** Information supplied follows **

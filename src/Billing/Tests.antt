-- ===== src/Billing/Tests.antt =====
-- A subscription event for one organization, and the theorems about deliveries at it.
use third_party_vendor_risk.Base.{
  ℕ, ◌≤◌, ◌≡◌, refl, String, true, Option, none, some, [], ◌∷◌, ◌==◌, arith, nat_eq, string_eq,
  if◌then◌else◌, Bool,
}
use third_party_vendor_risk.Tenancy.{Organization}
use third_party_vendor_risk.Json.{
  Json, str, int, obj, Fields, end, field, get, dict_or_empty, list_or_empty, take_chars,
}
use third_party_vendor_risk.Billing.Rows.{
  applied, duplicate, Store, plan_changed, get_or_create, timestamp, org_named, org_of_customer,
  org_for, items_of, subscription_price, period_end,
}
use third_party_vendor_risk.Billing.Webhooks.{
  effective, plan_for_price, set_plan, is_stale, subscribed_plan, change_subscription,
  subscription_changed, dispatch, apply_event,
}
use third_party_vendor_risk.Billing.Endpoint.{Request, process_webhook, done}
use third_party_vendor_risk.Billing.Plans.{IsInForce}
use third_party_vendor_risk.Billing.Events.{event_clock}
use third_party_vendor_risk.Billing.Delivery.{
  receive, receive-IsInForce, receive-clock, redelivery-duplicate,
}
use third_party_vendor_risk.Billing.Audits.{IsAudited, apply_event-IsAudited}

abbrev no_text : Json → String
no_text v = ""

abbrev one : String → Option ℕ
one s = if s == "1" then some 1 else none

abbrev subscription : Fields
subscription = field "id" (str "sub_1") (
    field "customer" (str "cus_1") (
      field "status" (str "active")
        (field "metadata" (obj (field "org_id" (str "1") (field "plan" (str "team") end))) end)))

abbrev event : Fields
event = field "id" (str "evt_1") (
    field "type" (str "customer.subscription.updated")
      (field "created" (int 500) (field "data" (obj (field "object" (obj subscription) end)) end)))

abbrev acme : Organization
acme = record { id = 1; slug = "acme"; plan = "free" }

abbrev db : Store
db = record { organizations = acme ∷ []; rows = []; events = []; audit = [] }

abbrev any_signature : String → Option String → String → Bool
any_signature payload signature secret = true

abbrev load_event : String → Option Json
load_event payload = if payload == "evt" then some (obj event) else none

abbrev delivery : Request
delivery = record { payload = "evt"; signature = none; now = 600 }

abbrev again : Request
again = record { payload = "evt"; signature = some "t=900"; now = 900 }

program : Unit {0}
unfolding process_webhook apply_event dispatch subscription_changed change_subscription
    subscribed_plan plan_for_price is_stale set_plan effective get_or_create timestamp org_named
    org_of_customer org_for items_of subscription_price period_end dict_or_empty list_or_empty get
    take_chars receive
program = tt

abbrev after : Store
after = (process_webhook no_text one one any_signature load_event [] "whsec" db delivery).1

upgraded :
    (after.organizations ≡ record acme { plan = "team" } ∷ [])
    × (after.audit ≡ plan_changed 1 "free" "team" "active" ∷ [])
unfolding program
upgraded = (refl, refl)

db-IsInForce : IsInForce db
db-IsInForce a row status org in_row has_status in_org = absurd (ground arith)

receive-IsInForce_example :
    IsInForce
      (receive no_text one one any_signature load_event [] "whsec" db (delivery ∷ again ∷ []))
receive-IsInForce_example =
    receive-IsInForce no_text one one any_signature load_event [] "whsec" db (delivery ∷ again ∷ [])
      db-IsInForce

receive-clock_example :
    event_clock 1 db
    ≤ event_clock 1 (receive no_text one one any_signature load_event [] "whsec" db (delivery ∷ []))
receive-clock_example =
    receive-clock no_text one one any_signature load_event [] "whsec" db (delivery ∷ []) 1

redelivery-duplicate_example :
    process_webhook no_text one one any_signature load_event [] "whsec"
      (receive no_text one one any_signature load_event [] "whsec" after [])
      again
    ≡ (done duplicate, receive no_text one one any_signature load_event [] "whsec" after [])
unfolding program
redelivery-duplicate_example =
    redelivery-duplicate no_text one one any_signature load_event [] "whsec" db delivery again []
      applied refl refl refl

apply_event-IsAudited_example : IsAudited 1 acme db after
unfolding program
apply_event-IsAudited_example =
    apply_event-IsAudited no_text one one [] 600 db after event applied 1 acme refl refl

** End of Information supplied **
** Information supplied follows **

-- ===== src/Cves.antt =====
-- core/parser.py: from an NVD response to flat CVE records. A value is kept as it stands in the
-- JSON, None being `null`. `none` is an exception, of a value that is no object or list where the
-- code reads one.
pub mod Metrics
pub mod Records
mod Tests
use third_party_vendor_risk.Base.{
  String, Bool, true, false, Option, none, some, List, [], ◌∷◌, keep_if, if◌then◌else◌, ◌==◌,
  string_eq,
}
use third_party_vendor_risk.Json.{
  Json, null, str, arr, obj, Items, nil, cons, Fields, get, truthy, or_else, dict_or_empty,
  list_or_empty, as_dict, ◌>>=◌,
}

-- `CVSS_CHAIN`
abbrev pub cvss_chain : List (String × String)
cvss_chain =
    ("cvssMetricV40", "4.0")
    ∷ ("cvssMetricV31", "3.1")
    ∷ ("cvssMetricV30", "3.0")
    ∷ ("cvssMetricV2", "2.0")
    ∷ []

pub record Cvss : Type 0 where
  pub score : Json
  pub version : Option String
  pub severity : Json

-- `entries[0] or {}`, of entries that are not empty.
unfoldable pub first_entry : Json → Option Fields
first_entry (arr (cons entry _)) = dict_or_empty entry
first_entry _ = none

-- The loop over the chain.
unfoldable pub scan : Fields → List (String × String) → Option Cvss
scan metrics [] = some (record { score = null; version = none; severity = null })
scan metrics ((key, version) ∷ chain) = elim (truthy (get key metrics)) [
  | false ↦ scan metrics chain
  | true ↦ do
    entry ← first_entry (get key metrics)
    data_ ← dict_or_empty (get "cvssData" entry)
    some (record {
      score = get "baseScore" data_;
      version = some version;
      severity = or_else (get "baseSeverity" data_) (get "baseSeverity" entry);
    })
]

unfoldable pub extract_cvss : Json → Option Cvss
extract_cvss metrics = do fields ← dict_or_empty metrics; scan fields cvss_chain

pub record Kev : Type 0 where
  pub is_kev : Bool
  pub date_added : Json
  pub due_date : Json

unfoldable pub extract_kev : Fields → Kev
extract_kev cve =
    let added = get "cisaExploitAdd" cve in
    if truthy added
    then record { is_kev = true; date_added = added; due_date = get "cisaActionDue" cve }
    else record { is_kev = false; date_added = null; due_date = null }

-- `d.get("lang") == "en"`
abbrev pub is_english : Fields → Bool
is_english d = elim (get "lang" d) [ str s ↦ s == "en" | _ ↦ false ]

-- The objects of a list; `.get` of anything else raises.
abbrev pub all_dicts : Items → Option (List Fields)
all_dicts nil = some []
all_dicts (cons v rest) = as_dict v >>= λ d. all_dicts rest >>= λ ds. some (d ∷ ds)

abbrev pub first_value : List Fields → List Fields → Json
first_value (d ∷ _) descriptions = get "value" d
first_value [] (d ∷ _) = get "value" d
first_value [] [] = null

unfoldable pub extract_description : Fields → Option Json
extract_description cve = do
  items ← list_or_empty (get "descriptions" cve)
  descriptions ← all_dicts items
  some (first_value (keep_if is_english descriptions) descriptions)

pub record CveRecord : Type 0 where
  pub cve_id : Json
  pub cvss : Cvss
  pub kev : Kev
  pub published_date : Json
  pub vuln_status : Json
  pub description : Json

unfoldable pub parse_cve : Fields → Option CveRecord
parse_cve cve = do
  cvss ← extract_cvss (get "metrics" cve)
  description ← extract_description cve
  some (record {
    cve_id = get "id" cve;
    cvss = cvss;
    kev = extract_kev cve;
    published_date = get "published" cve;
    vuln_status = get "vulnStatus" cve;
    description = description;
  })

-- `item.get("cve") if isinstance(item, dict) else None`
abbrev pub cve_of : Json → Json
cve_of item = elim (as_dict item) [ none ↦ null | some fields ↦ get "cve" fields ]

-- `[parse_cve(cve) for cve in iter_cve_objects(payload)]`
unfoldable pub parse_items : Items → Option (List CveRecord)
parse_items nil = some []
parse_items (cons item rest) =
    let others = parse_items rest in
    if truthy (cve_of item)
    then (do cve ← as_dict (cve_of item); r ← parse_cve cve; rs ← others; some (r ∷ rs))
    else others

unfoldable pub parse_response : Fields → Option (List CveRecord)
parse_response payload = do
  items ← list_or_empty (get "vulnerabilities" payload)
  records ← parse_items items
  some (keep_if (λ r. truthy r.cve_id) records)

** End of Information supplied **

Exercise requirements:
Identify the lines of the entries containing the string "that". Copy each such line.

Exercise solution:
-- JSON, None being `null`. `none` is an exception, of a value that is no object or list where the
-- `entries[0] or {}`, of entries that are not empty.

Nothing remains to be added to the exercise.